Cardew was impressed by the way that a piece like Variations II could inspire performers to play creatively, because in a sense they’re making their own score - and I think that paved the way for classical musicians to think seriously about the possibilities for improvisation within the structure of a composition. This is what Richard Barrett is about. 

Ferneyhough is interesting because in a way he seems to say the opposite - that by making the musician go through the hoop of trying to execute an impossibly precisely and ridiculously detailed score, something magic will happen to the music he makes.

Anyway, for me what I like about all of this is that composers are thinking of the music in performance, how to make it alive and exciting for listeners and musicians.


----------



## SanAntone

Mandryka said:


> I'll listen to the lecture later. Boulez talks about the impact he made at Darmstadt, like a breath of fresh air, is what he says, because he was so anti methodologies for composition, though Boulez suggests that ultimately his impact in Europe was pretty insignificant. Boulez may not be totally right about that.
> 
> Cardew was impressed by the way that a piece like Variations II could inspire performers to play creatively, because in a sense they're making their own score - and I think that paved the way for classical musicians to think seriously about the possibilities for improvisation within the structure of a composition.

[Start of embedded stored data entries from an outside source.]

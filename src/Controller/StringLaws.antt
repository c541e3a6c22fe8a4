-- ===== src/Controller/StringLaws.antt =====
-- What the helpers on slices of strings answer.
use nfs_provisioner_operator.Base.{
  String, true, List, [], ◌∷◌, ◌≡◌, ◌↔◌, refl, arith, ◌==◌, eq_iff, not, ◌&&◌,
}
use nfs_provisioner_operator.Base.Lists.{Elem}
use nfs_provisioner_operator.Controller.Strings.{contains_string, remove_string}

-- `containsString` answers true exactly for the elements of the slice.
pub contains_string_iff :
    (slice : List String) (s : String) → (contains_string slice s ≡ true) ↔ Elem s slice
unfolding contains_string
contains_string_iff [] s = (λ h. cc, λ h. absurd h)
contains_string_iff (item ∷ slice) s = ground (arith, eq_iff item s, contains_string_iff slice s)

-- After `removeString` the slice contains a string exactly if it did before and the string is not
-- the one removed.
pub contains_string-remove_string :
    (slice : List String) (s t : String)
    → contains_string (remove_string slice s) t ≡ (contains_string slice t && not (s == t))
unfolding contains_string remove_string
contains_string-remove_string [] s t = refl
contains_string-remove_string (item ∷ slice) s t =
    ground
      (arith, eq_iff item s, eq_iff item t, eq_iff s t, contains_string-remove_string slice s t)
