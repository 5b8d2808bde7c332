-- ===== src/Transport/Queues/Reliable.antt =====
-- internal/transport/queues.go: the reliable channel and the close reason.
use my_pol_go_backend.Prelude.{
  ℕ, ◌+◌, ◌-◌, ◌≤◌, String, Bool, true, false, Option, none, some, List, [], ◌∷◌, ◌++◌, ◌≡◌, refl,
  ap, sym, ◌∙◌, arith, ltb, not, ◌&&◌, if◌then◌else◌, Bool-cases, inl, inr, ◌⊎◌,
}
use mathlib.Core.List.{append_assoc, append-nil}
use my_pol_go_backend.Prelude.Lists.{length, length-append}
use my_pol_go_backend.Envelope.{Envelope}
use my_pol_go_backend.Transport.Queues.{
  OutboundQueues, push_reliable, take_reliable, mark_closed_with, close_reason_of,
}

-- A call on the reliable channel.
pub data ReliableCall : Type 0 where
  pushing : Envelope → ReliableCall
  taking : ReliableCall
  closing : String → ReliableCall

abbrev handed : Option Envelope → List Envelope → List Envelope
handed none es = es
handed (some e) es = e ∷ es

-- The frames that the calls hand to the writer, and the queue after them.
unfoldable pub run_reliable : List ReliableCall → OutboundQueues → List Envelope × OutboundQueues
run_reliable [] q = ([], q)
run_reliable (pushing e ∷ cs) q = run_reliable cs (push_reliable e q).1
run_reliable (taking ∷ cs) q =
    let rest = run_reliable cs (take_reliable q).1 in (handed (take_reliable q).0 rest.0, rest.1)
run_reliable (closing reason ∷ cs) q = run_reliable cs (mark_closed_with reason q)

-- The frames that are let in, by a count of those that wait: while the connection is open, and
-- fewer than `size` wait.
unfoldable pub let_in : Bool → ℕ → ℕ → List ReliableCall → List Envelope
let_in is_open waiting size [] = []
let_in is_open waiting size (pushing e ∷ cs) =
    let entered = let_in is_open (waiting + 1) size cs in
    let refused = let_in is_open waiting size cs in
    if is_open && ltb waiting size then e ∷ entered else refused
let_in is_open waiting size (taking ∷ cs) = let_in is_open (waiting - 1) size cs
let_in is_open waiting size (closing reason ∷ cs) = let_in false waiting size cs

push_closed :
    (e : Envelope) (q : OutboundQueues) → not q.closed ≡ false → push_reliable e q ≡ (false, q)
unfolding push_reliable
push_closed e q h = ground arith

push_full :
    (e : Envelope) (q : OutboundQueues)
    → ltb (length q.reliable) q.reliable_size ≡ false
    → not q.closed ≡ true
    → push_reliable e q ≡ (true, q)
unfolding push_reliable
push_full e q h c = ground arith

push_enters :
    (e : Envelope) (q : OutboundQueues)
    → not q.closed ≡ true
    → ltb (length q.reliable) q.reliable_size ≡ true
    → push_reliable e q ≡ (false, record q { reliable = q.reliable ++ e ∷ []; wake = true })
unfolding push_reliable
push_enters e q c h = ground arith

run_reliable-pushing :
    (e : Envelope) (cs : List ReliableCall) (q q' : OutboundQueues) (full : Bool)
    → push_reliable e q ≡ (full, q')
    → run_reliable (pushing e ∷ cs) q ≡ run_reliable cs q'
unfolding run_reliable
run_reliable-pushing e cs q q' full h = ap (λ r. run_reliable cs r.1) h

-- What holds of a run, where the frames `entering` are let in.
abbrev IsFifo : List ReliableCall → OutboundQueues → List Envelope → Type 0
IsFifo cs q entering =
    ((run_reliable cs q).0 ++ (run_reliable cs q).1.reliable ≡ q.reliable ++ entering)
    × (length (run_reliable cs q).1.reliable ≤ q.reliable_size)

run_enters :
    (e : Envelope) (cs : List ReliableCall) (q : OutboundQueues) (entering : List Envelope)
    → not q.closed ≡ true
    → ltb (length q.reliable) q.reliable_size ≡ true
    → IsFifo cs (record q { reliable = q.reliable ++ e ∷ []; wake = true }) entering
    → IsFifo (pushing e ∷ cs) q (e ∷ entering)
run_enters e cs q entering c l (order, bound) =
    rw (run_reliable-pushing e cs q _ false (push_enters e q c l))
      (order ∙ append_assoc q.reliable (e ∷ []) entering, bound)

take_nothing : (q : OutboundQueues) → q.reliable ≡ [] → take_reliable q ≡ (none, q)
unfolding take_reliable
take_nothing q h = ground arith

take_head :
    (x : Envelope) (xs : List Envelope) (q : OutboundQueues)
    → q.reliable ≡ x ∷ xs
    → take_reliable q ≡ (some x, record q { reliable = xs })
unfolding take_reliable
take_head x xs q h = ground arith

run_takes :
    (x : Envelope) (xs : List Envelope) (cs : List ReliableCall) (q : OutboundQueues)
    (entering : List Envelope)
    → q.reliable ≡ x ∷ xs
    → IsFifo cs (record q { reliable = xs }) entering
    → IsFifo (taking ∷ cs) q entering
unfolding run_reliable
run_takes x xs cs q entering e (order, bound) =
    rw (take_head x xs q e, e) (ap (λ es. x ∷ es) order, bound)

run_nothing : (q : OutboundQueues) → length q.reliable ≤ q.reliable_size → IsFifo [] q []
unfolding run_reliable
run_nothing q h = (sym (append-nil q.reliable), h)

run_idle :
    (cs : List ReliableCall) (q : OutboundQueues) (entering : List Envelope)
    → q.reliable ≡ []
    → IsFifo cs q entering
    → IsFifo (taking ∷ cs) q entering
unfolding run_reliable
run_idle cs q entering e f = rw (take_nothing q e) f

run_reliable-closing :
    (reason : String) (cs : List ReliableCall) (q : OutboundQueues)
    → q.closed ≡ false
    → run_reliable (closing reason ∷ cs) q
      ≡ run_reliable cs (record q { closed = true; close_reason = reason })
unfolding run_reliable mark_closed_with
run_reliable-closing reason cs q h = rw h refl

run_reliable-closing_again :
    (reason : String) (cs : List ReliableCall) (q : OutboundQueues)
    → q.closed ≡ true
    → run_reliable (closing reason ∷ cs) q ≡ run_reliable cs q
unfolding run_reliable mark_closed_with
run_reliable-closing_again reason cs q h = rw h refl

-- An empty list, or one with a first frame.
pending_cases :
    (es : List Envelope) → (es ≡ []) ⊎ ((e : Envelope) × (rest : List Envelope) × (es ≡ e ∷ rest))
pending_cases [] = inl refl
pending_cases (e ∷ es) = inr (e, es, refl)

fifo :
    (cs : List ReliableCall) (q : OutboundQueues) (b : Bool) (n : ℕ)
    → not q.closed ≡ b
    → length q.reliable ≡ n
    → n ≤ q.reliable_size
    → IsFifo cs q (let_in b n q.reliable_size cs)
unfolding let_in
fifo [] q b n c e h = run_nothing q (omega (arith, e))
fifo (pushing e ∷ cs) q false n c r h =
    rw (run_reliable-pushing e cs q q false (push_closed e q c)) (fifo cs q false n c r h)
fifo (pushing e ∷ cs) q true n c r h = elim (Bool-cases (ltb n q.reliable_size)) [
  | inl l ↦ rw l (
      run_enters e cs q (let_in true (n + 1) q.reliable_size cs) c (ground arith) (
        fifo cs (record q { reliable = q.reliable ++ e ∷ []; wake = true }) true (n + 1) c
          (omega (arith, length-append q.reliable (e ∷ []))) (ground arith)))
  | inr l ↦
      rw (l, run_reliable-pushing e cs q q true (push_full e q (ground arith) c))
        (fifo cs q true n c r h)
]
fifo (taking ∷ cs) q b n c r h = elim (pending_cases q.reliable) [
  | inl e ↦ run_idle cs q _ e (fifo cs q b (n - 1) c (ground arith) (omega arith))
  | inr (x, xs, e) ↦
      run_takes x xs cs q (let_in b (n - 1) q.reliable_size cs) e
        (fifo cs (record q { reliable = xs }) b (n - 1) c (ground arith) (omega arith))
]
fifo (closing reason ∷ cs) q b n c r h = elim (Bool-cases q.closed) [
  | inl e ↦ rw (run_reliable-closing_again reason cs q e) (fifo cs q false n (ground arith) r h)
  | inr e ↦
      rw (run_reliable-closing reason cs q e)
        (fifo cs (record q { closed = true; close_reason = reason }) false n refl r h)
]

-- Over any calls on a queue that is within its size, the frames handed to the writer, in order, and
-- then those that still wait, are those that waited at the start and then those let in since: none is
-- lost, doubled or overtaken. The queue is within its size after them.
pub run_reliable_fifo :
    (cs : List ReliableCall) (q : OutboundQueues)
    → length q.reliable ≤ q.reliable_size
    → ((run_reliable cs q).0 ++ (run_reliable cs q).1.reliable
        ≡ q.reliable ++ let_in (not q.closed) (length q.reliable) q.reliable_size cs)
      × (length (run_reliable cs q).1.reliable ≤ q.reliable_size)
run_reliable_fifo cs q h = fifo cs q (not q.closed) (length q.reliable) refl refl h

-- The reasons of several closes, in turn.
abbrev pub close_all : List String → OutboundQueues → OutboundQueues
close_all [] q = q
close_all (r ∷ rs) q = close_all rs (mark_closed_with r q)

close_all_closed :
    (rs : List String) (q : OutboundQueues)
    → q.closed ≡ true
    → close_reason_of (close_all rs q) ≡ q.close_reason
unfolding mark_closed_with close_reason_of
close_all_closed [] q h = ground arith
close_all_closed (r ∷ rs) q h =
    ground (arith, close_all_closed rs q h, close_all_closed rs (mark_closed_with r q))

-- However often a connection is closed, the reason that it reports is the first one given.
pub close_reason_first :
    (r : String) (rs : List String) (q : OutboundQueues)
    → q.closed ≡ false
    → close_reason_of (close_all (r ∷ rs) q) ≡ r
unfolding mark_closed_with
close_reason_first r rs q h =
    ground (arith, close_all_closed rs (record q { closed = true; close_reason = r }) refl)
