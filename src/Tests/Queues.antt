-- ===== src/Tests/Queues.antt =====
-- internal/transport/queues.go and internal/domain/envelope.go, at concrete inputs.
use my_pol_go_backend.Prelude.{ℕ, ◌≤◌, none, some, List, [], ◌∷◌, ◌++◌, ◌≡◌, refl, arith}
use my_pol_go_backend.Prelude.Lists.{length, elem}
use my_pol_go_backend.Prelude.Dict.{lookup, insert, delete}
use my_pol_go_backend.Permission.{can_draw}
use my_pol_go_backend.Envelope.{Envelope, may_publish, classify_event, has_prefix_of}
use my_pol_go_backend.Transport.Queues.{
  OutboundQueues, new_outbound_queues, push_ephemeral, take_ephemeral, take_ephemeral_batch,
  push_reliable, enqueue, shed, count_drop, collect, pending_ephemeral, close_reason_of,
  mark_closed_with, take_reliable,
}
use my_pol_go_backend.Transport.Queues.Frames.{frames, upsert}
use my_pol_go_backend.Transport.Queues.Coalescing.{pending, IsQueue}
use my_pol_go_backend.Transport.Queues.Push.{push_ephemeral-IsQueue, pending-push_ephemeral}
use my_pol_go_backend.Transport.Queues.Take.{take_ephemeral_batch_frames}
use my_pol_go_backend.Transport.Queues.Reliable.{
  ReliableCall, pushing, taking, closing, run_reliable, let_in, run_reliable_fifo,
}

-- What a run of the queue computes with.
queue_runs : ℕ
unfolding new_outbound_queues push_ephemeral take_ephemeral take_ephemeral_batch push_reliable
    enqueue shed count_drop collect pending_ephemeral close_reason_of mark_closed_with take_reliable
    run_reliable let_in frames upsert lookup insert delete elem can_draw classify_event
    has_prefix_of may_publish
queue_runs = 0

abbrev cursor : ℕ → Envelope
cursor n = record {
  v = 2;
  message_id = "m";
  session_id = "s";
  channel = "note:n";
  event = "cursor.moved";
  actor_id = none;
  origin = none;
  seq = some n;
  sent_at = n;
  payload = "{}";
}

abbrev two : OutboundQueues
two = new_outbound_queues 2 1

abbrev filled : OutboundQueues
filled = push_ephemeral (cursor 2) "b" (push_ephemeral (cursor 1) "a" two)

two-IsQueue : IsQueue two
unfolding queue_runs
two-IsQueue = record {
  synced = record { once = tt; present = tt; only = λ k h. refl };
  bounded = omega arith;
}

filled-IsQueue : IsQueue filled
filled-IsQueue =
    push_ephemeral-IsQueue (cursor 2) "b" _ (push_ephemeral-IsQueue (cursor 1) "a" two two-IsQueue)

push_ephemeral-IsQueue_example : IsQueue (push_ephemeral (cursor 3) "c" filled)
push_ephemeral-IsQueue_example = push_ephemeral-IsQueue (cursor 3) "c" filled filled-IsQueue

-- A third stream sheds the oldest.
pending-push_ephemeral_example :
    pending (push_ephemeral (cursor 3) "c" filled) ≡ ("b", cursor 2) ∷ ("c", cursor 3) ∷ []
unfolding queue_runs
pending-push_ephemeral_example = pending-push_ephemeral (cursor 3) "c" filled filled-IsQueue refl

take_ephemeral_batch_frames_example :
    ((take_ephemeral_batch 8 filled).0 ≡ cursor 1 ∷ cursor 2 ∷ [])
    × (pending (take_ephemeral_batch 8 filled).1 ≡ [])
    × IsQueue (take_ephemeral_batch 8 filled).1
unfolding queue_runs
take_ephemeral_batch_frames_example = take_ephemeral_batch_frames 8 filled filled-IsQueue

-- The reliable queue has one place.
abbrev full : OutboundQueues
full = (push_reliable (cursor 1) two).1

-- One frame waits; a second is refused, and after a take a third gets in.
abbrev reliable_calls : List ReliableCall
reliable_calls = pushing (cursor 2) ∷ taking ∷ pushing (cursor 3) ∷ closing "gone" ∷ []

run_reliable_fifo_example :
    ((run_reliable reliable_calls full).0 ++ (run_reliable reliable_calls full).1.reliable
      ≡ cursor 1 ∷ cursor 3 ∷ [])
    × (length (run_reliable reliable_calls full).1.reliable ≤ 1)
unfolding queue_runs
run_reliable_fifo_example = run_reliable_fifo reliable_calls full (omega arith)
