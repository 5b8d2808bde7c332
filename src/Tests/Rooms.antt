-- ===== src/Tests/Rooms.antt =====
-- internal/application/room_service.go and the store under it, at concrete inputs.
use my_pol_go_backend.Prelude.{
  ℕ, true, false, none, some, [], ◌∷◌, String, ◌≡◌, refl, arith, eqb, if◌then◌else◌, ltb, inl, ◌<◌,
}
use my_pol_go_backend.Prelude.Lists.{elem}
use my_pol_go_backend.Prelude.Dict.{lookup, insert, delete, delete_where, modify}
use my_pol_go_backend.Prelude.Table.{row, cell, put, remove}
use my_pol_go_backend.Envelope.{Envelope, classify_event, has_prefix_of}
use my_pol_go_backend.Session.Tickets.{ConnectionTicket}
use my_pol_go_backend.Transport.Queues.{
  new_outbound_queues, push_reliable, push_ephemeral, enqueue, shed, count_drop, signal,
  mark_closed_with, pending_reliable, pending_ephemeral,
}
use my_pol_go_backend.Observability.{new_metrics, observe_max, observe_queue_depth}
use my_pol_go_backend.Interest.{location_of}
use my_pol_go_backend.Interest.Service.{is_interested, does_allow_preview}
use my_pol_go_backend.Room.{
  Peer, new_peer, send_reliable, send_ephemeral, close, set_permission, join_room, leave_room,
  others, peers_of, handles, members, connection_by_id, room_size, all_connections, matching,
  connections_for_session,
}
use my_pol_go_backend.Room.Store.{joined, memberships, memberships-IsRooms}
use my_pol_go_backend.Room.Service.{
  RoomLibrary, RoomService, write_peer, observe_send, is_refused, send_to, close_connection,
  send_or_close, send_to_all, close_connections, disconnect_session, is_live_ink, is_recipient,
}
use my_pol_go_backend.Room.Relay.{
  observe_shed, send_ephemeral_to, signaling_target, send_signal, subject_id, coalesce_key,
  send_keyed, fan_out, observe_interest, relay_ephemeral, relay_to_peer, relay,
}
use my_pol_go_backend.Room.Isolation.{relay_outside, relay_signal_addressed}
use my_pol_go_backend.Room.Reach.{relay_reliable_offered, relay_ephemeral_wanted}
use my_pol_go_backend.Room.FanOut.{Sent}
use my_pol_go_backend.Room.Revocation.{disconnect_session-closes}
use my_pol_go_backend.Room.Drain.{
  Wake, tick, done, pending_all, wait_for_reliable_drain, any_drained, wait_ends,
}

-- What a run of the rooms computes with.
room_runs : ℕ
unfolding elem lookup insert delete delete_where modify row cell put remove classify_event
    has_prefix_of new_outbound_queues push_reliable push_ephemeral enqueue shed count_drop signal
    mark_closed_with pending_reliable pending_ephemeral observe_max observe_queue_depth location_of
    is_interested does_allow_preview new_peer send_reliable send_ephemeral close set_permission
    join_room leave_room others peers_of handles members connection_by_id room_size all_connections
    matching connections_for_session memberships write_peer observe_send is_refused send_to
    close_connection send_or_close send_to_all close_connections disconnect_session is_live_ink
    is_recipient observe_shed send_ephemeral_to signaling_target send_signal subject_id coalesce_key
    send_keyed fan_out observe_interest relay_ephemeral relay_to_peer relay pending_all
    wait_for_reliable_drain
room_runs = 0

abbrev ticket : String → String → ConnectionTicket
ticket session_id note_id = record {
  value = "tk";
  session_id = session_id;
  user_id = "u1";
  note_id = note_id;
  permission = "edit";
  expires_at = 100;
  created_at = 0;
}

-- Two connections on one note, and one on another.
abbrev first : Peer
first = new_peer "c1" (ticket "s1" "n1") 4 2 0

abbrev second : Peer
second = new_peer "c2" (ticket "s2" "n1") 4 2 0

abbrev third : Peer
third = new_peer "c3" (ticket "s1" "n2") 4 2 0

abbrev lib : RoomLibrary
lib = record {
  new_id = λ n. "m";
  marshal = λ p. some "{}";
  location = λ payload. none;
  target = λ payload. some payload;
  subject = λ payload. none;
  format_uint = λ n. "1";
}

abbrev rooms : RoomService
rooms = record {
  rooms =
      memberships
        (joined first.connection ∷ joined second.connection ∷ joined third.connection ∷ []) [];
  peers = ("c1", first) ∷ ("c2", second) ∷ ("c3", third) ∷ [];
  interest = none;
  metrics = new_metrics;
  max_webrtc_peers = 6;
  delta_seq = 0;
  draining = false;
  minted = 0;
}

abbrev frame : String → String → Envelope
frame event payload = record {
  v = 2;
  message_id = "m";
  session_id = "s1";
  channel = "note:n1";
  event = event;
  actor_id = some "u1";
  origin = some "c1";
  seq = none;
  sent_at = 0;
  payload = payload;
}

relay_outside_example :
    lookup "c3" (relay lib first.connection (frame "ink.commit" "") rooms).peers ≡ some third
unfolding room_runs
relay_outside_example =
    relay_outside lib first.connection (frame "ink.commit" "") "c3" rooms
      (memberships-IsRooms
        (joined first.connection ∷ joined second.connection ∷ joined third.connection ∷ []))
      (inl refl)

relay_signal_addressed_example :
    lookup "c1" (relay lib first.connection (frame "rtc.offer" "c2") rooms).peers ≡ some first
unfolding room_runs
relay_signal_addressed_example =
    relay_signal_addressed lib first.connection (frame "rtc.offer" "c2") "c1" rooms
      (memberships-IsRooms
        (joined first.connection ∷ joined second.connection ∷ joined third.connection ∷ []))
      refl refl

relay_reliable_offered_example :
    (after : Peer) × (lookup "c2" (relay lib first.connection (frame "ink.commit" "") rooms).peers
      ≡ some after)
    × (if ltb 0 2
        then (after.queues.reliable ≡ frame "ink.commit" "" ∷ [])
        else ((after.queues.closed ≡ true)
            × (after.queues.close_reason ≡ "reliable queue overflow")))
unfolding room_runs
relay_reliable_offered_example =
    relay_reliable_offered lib first.connection (frame "ink.commit" "") "c2" second rooms
      (memberships-IsRooms
        (joined first.connection ∷ joined second.connection ∷ joined third.connection ∷ []))
      refl refl refl refl refl refl

relay_ephemeral_wanted_example :
    Sent lib "c1"
      (frame "cursor.moved" "")
      (location_of none)
      (some second)
      (lookup "c2" (relay lib first.connection (frame "cursor.moved" "") rooms).peers)
unfolding room_runs
relay_ephemeral_wanted_example =
    relay_ephemeral_wanted lib first.connection (frame "cursor.moved" "") "c2" rooms
      (memberships-IsRooms
        (joined first.connection ∷ joined second.connection ∷ joined third.connection ∷ []))
      refl refl refl refl

disconnect_session-closes_example :
    lookup "c3" (disconnect_session "s1" "session revoked" rooms).1.peers
    ≡ some (close "session revoked" third)
unfolding room_runs
disconnect_session-closes_example =
    disconnect_session-closes "s1" "session revoked" "n2" "c3" third rooms refl refl

abbrev second_wake : ℕ → Wake
second_wake n = if eqb n 0 then tick else done

first_wakes : (i : ℕ) → i < 1 → second_wake i ≡ tick
first_wakes i h = ground arith

wait_ends_example :
    wait_for_reliable_drain 2 0 (λ n. rooms) second_wake ≡ some (any_drained 2 0 (λ n. rooms))
unfolding room_runs
wait_ends_example = wait_ends 1 (λ n. rooms) second_wake refl first_wakes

This is what Richard Barrett is about.
> 
> Ferneyhough is interesting because in a way he seems to say the opposite - that by making the musician go through the hoop of trying to execute an impossibly precisely and ridiculously detailed score, something magic will happen to the music he makes.
> 
> Anyway, for me what I like about all of this is that composers are thinking of the music in performance, how to make it alive and exciting for listeners and musicians.


Ferneyhough scores are so complex and make such demands on the limits of a performer's technique, that Ferneyhough does not really expect them to play the score exactly. His hope is that by presenting this kind of score it will produce the effect he is after, without necessarily being note perfect, something which he intentionally put out of reach for performers. This is another form of indeterminacy.


----------



## Mandryka

SanAntone said:


> Ferneyhough scores are so complex and make such demands on the limits of a performer's technique, that Ferneyhough does not really expect them to play the score exactly. His hope is that by presenting this kind of score it will produce the effect he is after, without necessarily being note perfect, something which he intentionally put out of reach for performers. This is another form of indeterminacy.


Yes that's the sort of thing, but not the limitations of the performer, the limitations of the instrument. Here's his comment in the score of Cassandra's Dream Song



> notes:A valid realization will only result from a rigorous attempt to reproduce as many of the textural details as possible: such divergences and impurities as then follow from the natural limitations of the instrument itself may be taken to be the intentions of the composer. No attempt should be made to conceal the difficulty of the music by resorting to compromises and inexactitudes (i.e.  of rhythm) designed to achieve a superficially more polished result. On the contrary the audible (and visual) degree of difficulty is to be drawn as an integral structural element into the fabric of the composition itself. The piece as it stands is, therefore, not intended to be the plan of an ideal performance. The notation does not represent the result required: it is the attempt to realize the written specifications in practice which is designed to produce the desired (but unnotatable) sound-qualit's.


----------



## SanAntone

John Cage: "In the early 1950s I began using chance operations to write my music, and after I became acquainted with the I Ching (The Chinese Book of Changes), I used it extensively. I apply chance operations to determine the frequency, amplitude, timbre, duration and placement of different elements in my music. The chance operations allow me to get away from the likes and dislikes of my ego so that I can become attentive to what is outside of my own psychology and memory. By using chance operations I am accepting what I obtain. Instead of expressing myself, I change myself. You might say I use chance operations instead of sitting meditation practice."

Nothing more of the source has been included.